◆ Activity ◆
In the listing below, the lines starting with the line with "react_all-Follows [] g" and going on through the line with "let both : some" are to be reproduced exactly, and only those.

◆ Data shown ◆

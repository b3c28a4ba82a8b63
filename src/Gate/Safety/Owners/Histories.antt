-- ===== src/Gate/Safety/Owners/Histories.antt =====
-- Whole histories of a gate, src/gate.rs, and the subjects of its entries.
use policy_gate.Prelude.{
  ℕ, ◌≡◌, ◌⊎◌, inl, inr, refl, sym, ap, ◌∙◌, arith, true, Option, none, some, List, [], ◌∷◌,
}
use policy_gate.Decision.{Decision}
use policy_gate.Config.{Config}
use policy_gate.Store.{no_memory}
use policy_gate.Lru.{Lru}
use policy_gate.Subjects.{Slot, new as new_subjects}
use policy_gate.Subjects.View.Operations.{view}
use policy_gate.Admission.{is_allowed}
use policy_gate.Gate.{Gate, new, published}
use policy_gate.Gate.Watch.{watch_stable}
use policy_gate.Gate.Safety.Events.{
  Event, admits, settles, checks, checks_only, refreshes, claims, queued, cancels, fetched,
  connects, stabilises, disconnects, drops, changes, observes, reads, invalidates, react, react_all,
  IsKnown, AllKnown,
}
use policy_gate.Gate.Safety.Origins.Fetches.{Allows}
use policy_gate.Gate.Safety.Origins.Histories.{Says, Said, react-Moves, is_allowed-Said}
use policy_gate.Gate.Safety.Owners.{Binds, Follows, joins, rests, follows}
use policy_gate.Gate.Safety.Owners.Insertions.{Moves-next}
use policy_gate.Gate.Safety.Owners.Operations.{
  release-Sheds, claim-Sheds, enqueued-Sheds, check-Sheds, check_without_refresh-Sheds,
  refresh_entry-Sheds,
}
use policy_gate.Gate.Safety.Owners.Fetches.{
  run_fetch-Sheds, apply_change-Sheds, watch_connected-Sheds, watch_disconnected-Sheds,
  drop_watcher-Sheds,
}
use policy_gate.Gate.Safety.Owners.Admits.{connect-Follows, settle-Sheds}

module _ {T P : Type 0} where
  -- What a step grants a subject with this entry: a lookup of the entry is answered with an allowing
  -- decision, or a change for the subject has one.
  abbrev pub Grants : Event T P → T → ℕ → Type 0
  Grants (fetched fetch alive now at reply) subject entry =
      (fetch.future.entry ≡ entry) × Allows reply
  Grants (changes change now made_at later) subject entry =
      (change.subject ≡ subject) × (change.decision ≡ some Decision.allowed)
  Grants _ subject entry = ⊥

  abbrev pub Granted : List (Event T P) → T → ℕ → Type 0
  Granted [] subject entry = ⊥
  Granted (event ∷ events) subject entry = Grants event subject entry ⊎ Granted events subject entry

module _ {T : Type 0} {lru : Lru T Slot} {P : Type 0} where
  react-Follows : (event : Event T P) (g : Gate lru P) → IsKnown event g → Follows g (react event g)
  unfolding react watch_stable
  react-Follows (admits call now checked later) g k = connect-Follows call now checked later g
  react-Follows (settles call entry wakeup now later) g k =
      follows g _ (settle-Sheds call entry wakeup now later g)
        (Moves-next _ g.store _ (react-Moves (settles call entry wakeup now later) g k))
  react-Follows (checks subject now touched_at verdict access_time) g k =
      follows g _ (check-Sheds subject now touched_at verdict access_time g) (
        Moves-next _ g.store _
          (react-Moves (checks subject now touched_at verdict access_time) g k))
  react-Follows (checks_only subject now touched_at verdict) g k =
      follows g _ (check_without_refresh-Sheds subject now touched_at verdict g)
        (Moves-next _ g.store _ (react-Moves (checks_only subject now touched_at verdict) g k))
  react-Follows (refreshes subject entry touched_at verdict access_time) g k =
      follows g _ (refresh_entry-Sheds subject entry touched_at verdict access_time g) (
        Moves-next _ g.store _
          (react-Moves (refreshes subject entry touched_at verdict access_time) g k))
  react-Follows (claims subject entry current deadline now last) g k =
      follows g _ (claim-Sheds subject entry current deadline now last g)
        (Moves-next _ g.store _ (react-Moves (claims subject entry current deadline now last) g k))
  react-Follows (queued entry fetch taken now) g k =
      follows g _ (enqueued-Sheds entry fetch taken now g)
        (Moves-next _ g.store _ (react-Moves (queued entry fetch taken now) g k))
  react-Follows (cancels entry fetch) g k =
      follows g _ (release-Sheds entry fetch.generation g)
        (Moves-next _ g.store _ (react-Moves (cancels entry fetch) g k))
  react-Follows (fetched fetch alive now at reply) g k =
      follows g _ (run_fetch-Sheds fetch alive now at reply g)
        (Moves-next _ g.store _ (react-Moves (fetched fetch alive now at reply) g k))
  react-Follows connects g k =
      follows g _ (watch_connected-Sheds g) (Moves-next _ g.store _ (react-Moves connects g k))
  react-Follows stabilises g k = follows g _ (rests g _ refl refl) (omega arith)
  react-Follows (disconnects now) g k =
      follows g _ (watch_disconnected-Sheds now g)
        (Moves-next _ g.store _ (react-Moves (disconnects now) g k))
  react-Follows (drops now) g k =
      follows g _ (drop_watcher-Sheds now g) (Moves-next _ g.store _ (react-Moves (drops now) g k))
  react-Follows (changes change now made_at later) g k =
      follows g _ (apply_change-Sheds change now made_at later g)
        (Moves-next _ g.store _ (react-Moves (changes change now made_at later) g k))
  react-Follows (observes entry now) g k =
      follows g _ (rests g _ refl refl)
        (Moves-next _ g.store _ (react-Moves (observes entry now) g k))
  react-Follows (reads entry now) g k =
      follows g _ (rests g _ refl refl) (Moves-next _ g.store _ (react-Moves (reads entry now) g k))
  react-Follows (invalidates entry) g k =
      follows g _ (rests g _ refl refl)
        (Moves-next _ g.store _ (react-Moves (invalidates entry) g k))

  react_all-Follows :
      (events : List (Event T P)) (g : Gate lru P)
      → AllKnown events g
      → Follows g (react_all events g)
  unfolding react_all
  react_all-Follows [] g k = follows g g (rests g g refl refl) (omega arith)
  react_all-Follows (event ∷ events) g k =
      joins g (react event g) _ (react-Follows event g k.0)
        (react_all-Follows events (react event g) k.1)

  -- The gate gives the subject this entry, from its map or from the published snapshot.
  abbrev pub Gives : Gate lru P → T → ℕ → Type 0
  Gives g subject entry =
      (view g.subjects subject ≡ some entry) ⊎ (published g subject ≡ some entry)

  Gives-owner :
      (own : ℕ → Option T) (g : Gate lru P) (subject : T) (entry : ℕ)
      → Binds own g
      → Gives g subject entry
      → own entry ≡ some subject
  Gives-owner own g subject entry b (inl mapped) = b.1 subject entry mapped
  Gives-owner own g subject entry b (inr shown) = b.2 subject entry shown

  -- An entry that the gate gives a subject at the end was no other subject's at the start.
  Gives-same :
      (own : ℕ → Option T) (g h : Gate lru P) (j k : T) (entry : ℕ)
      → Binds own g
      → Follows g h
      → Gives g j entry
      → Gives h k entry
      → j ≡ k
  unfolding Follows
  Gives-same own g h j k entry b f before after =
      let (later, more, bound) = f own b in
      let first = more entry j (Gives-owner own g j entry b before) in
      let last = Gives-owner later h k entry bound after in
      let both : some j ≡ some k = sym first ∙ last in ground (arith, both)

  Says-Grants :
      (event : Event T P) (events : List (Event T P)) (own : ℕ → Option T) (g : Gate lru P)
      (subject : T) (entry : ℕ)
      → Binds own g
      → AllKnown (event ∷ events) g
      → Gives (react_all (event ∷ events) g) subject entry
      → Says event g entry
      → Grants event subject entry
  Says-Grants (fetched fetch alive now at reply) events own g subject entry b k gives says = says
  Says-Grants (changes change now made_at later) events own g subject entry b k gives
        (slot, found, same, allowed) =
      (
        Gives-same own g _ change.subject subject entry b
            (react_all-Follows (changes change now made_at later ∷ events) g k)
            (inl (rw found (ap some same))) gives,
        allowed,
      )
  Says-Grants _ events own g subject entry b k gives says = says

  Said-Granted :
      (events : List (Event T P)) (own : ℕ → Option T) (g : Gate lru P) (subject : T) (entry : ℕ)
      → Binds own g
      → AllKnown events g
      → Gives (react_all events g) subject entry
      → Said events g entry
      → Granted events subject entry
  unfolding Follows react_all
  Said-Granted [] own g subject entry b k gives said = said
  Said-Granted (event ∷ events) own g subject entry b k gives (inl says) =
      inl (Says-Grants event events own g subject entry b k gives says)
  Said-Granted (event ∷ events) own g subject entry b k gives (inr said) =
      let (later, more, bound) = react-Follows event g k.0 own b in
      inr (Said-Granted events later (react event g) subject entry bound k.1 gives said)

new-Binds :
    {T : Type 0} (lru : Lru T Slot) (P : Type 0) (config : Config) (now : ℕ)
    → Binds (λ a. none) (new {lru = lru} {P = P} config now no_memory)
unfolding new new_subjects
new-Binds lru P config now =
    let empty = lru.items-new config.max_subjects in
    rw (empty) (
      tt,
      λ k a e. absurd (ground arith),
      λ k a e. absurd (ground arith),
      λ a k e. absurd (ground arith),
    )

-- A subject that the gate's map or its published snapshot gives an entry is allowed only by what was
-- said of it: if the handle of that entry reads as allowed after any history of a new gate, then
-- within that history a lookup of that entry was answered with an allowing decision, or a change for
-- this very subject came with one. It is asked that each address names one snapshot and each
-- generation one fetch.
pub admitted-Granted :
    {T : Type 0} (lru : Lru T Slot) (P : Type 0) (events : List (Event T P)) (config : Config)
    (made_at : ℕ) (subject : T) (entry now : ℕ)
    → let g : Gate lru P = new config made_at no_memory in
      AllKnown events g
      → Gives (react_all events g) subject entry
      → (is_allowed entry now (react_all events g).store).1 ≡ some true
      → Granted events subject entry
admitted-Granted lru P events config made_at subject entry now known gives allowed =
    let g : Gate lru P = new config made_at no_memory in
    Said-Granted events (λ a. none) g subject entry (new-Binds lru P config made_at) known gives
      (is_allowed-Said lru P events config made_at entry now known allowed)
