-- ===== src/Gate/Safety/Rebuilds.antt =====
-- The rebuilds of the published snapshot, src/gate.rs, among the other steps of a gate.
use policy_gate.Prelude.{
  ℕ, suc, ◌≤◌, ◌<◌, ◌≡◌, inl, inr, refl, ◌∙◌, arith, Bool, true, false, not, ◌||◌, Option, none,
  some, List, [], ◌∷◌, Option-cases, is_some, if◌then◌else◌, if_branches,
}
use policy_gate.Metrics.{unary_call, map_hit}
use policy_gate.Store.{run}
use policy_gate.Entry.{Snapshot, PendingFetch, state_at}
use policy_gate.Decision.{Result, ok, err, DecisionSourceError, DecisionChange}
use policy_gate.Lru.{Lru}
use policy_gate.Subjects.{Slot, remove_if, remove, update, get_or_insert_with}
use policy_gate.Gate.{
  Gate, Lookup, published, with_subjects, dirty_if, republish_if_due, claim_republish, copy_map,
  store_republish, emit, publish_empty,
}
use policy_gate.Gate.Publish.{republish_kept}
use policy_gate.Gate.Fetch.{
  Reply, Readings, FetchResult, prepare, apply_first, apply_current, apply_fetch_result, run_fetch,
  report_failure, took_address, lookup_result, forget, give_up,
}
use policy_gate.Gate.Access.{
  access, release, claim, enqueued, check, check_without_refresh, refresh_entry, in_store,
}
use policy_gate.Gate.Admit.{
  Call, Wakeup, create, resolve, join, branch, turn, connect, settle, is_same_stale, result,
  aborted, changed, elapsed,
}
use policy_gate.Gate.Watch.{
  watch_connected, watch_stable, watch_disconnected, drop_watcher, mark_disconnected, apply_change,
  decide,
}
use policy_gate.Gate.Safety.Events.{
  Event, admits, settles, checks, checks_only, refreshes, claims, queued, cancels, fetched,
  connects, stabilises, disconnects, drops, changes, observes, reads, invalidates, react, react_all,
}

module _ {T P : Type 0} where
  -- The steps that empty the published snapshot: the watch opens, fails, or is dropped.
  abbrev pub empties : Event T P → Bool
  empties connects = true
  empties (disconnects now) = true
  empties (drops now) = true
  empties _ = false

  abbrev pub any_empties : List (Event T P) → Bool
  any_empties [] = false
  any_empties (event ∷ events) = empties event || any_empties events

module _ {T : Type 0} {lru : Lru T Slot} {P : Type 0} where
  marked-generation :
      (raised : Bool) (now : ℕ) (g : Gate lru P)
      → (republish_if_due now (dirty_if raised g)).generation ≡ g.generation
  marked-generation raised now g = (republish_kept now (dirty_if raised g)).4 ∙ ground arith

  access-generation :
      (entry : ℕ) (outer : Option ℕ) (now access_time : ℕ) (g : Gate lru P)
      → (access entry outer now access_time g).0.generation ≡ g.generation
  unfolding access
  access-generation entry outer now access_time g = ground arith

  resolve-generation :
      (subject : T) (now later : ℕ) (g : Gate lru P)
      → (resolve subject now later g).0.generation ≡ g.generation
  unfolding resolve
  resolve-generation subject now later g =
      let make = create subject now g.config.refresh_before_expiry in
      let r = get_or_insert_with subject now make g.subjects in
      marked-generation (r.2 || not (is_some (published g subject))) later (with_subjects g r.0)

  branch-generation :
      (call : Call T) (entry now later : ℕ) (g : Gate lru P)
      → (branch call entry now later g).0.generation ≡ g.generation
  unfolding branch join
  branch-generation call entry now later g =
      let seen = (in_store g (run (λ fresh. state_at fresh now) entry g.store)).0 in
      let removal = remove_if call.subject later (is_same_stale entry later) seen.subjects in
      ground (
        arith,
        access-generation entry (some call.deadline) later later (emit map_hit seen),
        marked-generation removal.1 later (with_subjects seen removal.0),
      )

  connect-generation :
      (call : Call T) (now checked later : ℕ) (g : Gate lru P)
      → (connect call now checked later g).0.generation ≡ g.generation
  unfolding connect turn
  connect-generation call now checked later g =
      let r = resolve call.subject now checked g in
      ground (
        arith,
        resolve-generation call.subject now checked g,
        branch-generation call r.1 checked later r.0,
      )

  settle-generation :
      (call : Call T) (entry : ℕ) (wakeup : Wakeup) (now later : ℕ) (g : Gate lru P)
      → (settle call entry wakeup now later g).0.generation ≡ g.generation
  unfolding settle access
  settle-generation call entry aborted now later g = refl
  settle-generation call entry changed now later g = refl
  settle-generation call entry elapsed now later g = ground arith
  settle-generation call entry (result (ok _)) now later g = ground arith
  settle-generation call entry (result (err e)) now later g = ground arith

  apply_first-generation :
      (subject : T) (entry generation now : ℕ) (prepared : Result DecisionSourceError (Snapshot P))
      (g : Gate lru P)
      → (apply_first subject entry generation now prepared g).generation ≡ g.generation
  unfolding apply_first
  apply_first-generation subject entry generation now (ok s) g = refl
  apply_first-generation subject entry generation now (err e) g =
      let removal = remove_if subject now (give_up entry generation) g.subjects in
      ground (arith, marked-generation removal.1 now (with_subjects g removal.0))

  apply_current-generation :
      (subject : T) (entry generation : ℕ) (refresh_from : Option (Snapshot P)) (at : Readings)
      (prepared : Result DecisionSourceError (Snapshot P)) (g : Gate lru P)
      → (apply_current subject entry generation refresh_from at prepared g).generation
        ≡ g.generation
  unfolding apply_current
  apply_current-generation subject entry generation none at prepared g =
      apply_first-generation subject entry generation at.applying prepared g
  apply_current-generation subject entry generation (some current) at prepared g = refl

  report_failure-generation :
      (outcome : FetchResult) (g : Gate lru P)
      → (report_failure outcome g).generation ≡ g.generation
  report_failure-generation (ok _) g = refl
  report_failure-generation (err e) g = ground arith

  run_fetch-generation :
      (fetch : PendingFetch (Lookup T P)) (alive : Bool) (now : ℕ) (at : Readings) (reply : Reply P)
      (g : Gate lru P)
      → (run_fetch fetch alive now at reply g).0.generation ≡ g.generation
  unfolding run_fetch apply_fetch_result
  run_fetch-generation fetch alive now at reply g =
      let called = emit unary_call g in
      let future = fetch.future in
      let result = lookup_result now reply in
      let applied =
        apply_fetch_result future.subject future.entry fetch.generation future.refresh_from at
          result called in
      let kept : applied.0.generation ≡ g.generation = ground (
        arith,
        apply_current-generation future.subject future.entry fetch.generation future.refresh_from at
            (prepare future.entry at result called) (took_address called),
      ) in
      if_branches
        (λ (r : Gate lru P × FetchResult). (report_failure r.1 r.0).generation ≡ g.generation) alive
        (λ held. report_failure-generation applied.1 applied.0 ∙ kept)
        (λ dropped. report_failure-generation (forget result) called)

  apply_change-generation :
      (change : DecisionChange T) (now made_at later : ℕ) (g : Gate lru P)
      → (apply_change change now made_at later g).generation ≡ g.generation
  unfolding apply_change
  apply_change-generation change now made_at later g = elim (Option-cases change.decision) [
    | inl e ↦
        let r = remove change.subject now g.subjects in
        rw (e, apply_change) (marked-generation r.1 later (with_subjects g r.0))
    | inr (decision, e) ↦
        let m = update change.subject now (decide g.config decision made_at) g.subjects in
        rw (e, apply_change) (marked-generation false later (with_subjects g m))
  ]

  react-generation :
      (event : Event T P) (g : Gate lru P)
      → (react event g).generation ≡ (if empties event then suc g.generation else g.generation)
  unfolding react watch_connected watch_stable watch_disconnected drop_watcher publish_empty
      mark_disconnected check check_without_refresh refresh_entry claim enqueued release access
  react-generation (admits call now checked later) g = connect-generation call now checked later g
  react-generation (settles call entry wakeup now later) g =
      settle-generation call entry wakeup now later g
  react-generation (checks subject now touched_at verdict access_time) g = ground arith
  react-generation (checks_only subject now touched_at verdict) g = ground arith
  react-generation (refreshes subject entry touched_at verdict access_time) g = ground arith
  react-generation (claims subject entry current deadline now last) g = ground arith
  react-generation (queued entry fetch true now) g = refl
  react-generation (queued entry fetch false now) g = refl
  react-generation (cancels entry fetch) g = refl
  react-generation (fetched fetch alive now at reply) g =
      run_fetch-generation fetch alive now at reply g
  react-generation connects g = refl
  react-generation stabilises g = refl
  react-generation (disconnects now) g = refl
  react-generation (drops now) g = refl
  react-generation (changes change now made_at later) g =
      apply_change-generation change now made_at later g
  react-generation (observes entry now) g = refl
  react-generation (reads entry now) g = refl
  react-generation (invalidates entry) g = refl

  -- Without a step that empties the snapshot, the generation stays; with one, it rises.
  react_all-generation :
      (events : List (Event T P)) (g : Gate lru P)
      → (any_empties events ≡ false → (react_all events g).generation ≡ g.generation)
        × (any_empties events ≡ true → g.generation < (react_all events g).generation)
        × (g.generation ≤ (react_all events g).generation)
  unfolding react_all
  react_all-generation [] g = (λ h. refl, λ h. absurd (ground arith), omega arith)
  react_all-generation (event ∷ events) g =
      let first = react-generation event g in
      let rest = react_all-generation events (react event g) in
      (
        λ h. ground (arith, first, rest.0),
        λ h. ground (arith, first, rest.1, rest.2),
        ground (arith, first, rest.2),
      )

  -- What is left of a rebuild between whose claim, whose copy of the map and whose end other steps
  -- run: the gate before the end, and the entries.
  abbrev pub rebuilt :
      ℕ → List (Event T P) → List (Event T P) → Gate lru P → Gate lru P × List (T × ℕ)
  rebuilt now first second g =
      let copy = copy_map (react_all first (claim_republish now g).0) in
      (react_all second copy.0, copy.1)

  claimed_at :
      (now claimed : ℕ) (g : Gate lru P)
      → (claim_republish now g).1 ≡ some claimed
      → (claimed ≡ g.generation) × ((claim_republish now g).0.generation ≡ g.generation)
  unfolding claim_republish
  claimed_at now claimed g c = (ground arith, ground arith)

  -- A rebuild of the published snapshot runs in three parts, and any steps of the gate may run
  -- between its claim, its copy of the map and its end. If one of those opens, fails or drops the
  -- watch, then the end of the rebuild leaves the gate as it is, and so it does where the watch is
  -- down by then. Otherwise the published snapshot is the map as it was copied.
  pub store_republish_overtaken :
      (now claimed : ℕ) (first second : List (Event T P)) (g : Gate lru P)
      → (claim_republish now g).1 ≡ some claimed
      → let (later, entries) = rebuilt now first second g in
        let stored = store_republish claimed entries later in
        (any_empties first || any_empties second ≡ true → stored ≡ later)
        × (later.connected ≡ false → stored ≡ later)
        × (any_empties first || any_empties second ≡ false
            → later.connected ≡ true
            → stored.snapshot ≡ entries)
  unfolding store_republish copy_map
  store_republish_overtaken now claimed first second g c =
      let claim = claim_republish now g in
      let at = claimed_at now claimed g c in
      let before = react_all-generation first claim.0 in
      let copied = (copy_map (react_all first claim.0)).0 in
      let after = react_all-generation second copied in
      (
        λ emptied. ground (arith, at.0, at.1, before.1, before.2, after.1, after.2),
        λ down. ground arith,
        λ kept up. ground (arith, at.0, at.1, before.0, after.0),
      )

◆ Answer box ◆
  react_all-Follows [] g k = follows g g (rests g g refl refl) (omega arith)
  react_all-Follows (event ∷ events) g k =
      joins g (react event g) _ (react-Follows event g k.0)
        (react_all-Follows events (react event g) k.1)

  -- The gate gives the subject this entry, from its map or from the published snapshot.
  abbrev pub Gives : Gate lru P → T → ℕ → Type 0
  Gives g subject entry =
      (view g.subjects subject ≡ some entry) ⊎ (published g subject ≡ some entry)

  Gives-owner :
      (own : ℕ → Option T) (g : Gate lru P) (subject : T) (entry : ℕ)
      → Binds own g
      → Gives g subject entry
      → own entry ≡ some subject
  Gives-owner own g subject entry b (inl mapped) = b.1 subject entry mapped
  Gives-owner own g subject entry b (inr shown) = b.2 subject entry shown

  -- An entry that the gate gives a subject at the end was no other subject's at the start.
  Gives-same :
      (own : ℕ → Option T) (g h : Gate lru P) (j k : T) (entry : ℕ)
      → Binds own g
      → Follows g h
      → Gives g j entry
      → Gives h k entry
      → j ≡ k
  unfolding Follows
  Gives-same own g h j k entry b f before after =
      let (later, more, bound) = f own b in
      let first = more entry j (Gives-owner own g j entry b before) in
      let last = Gives-owner later h k entry bound after in
      let both : some j ≡ some k = sym first ∙ last in ground (arith, both)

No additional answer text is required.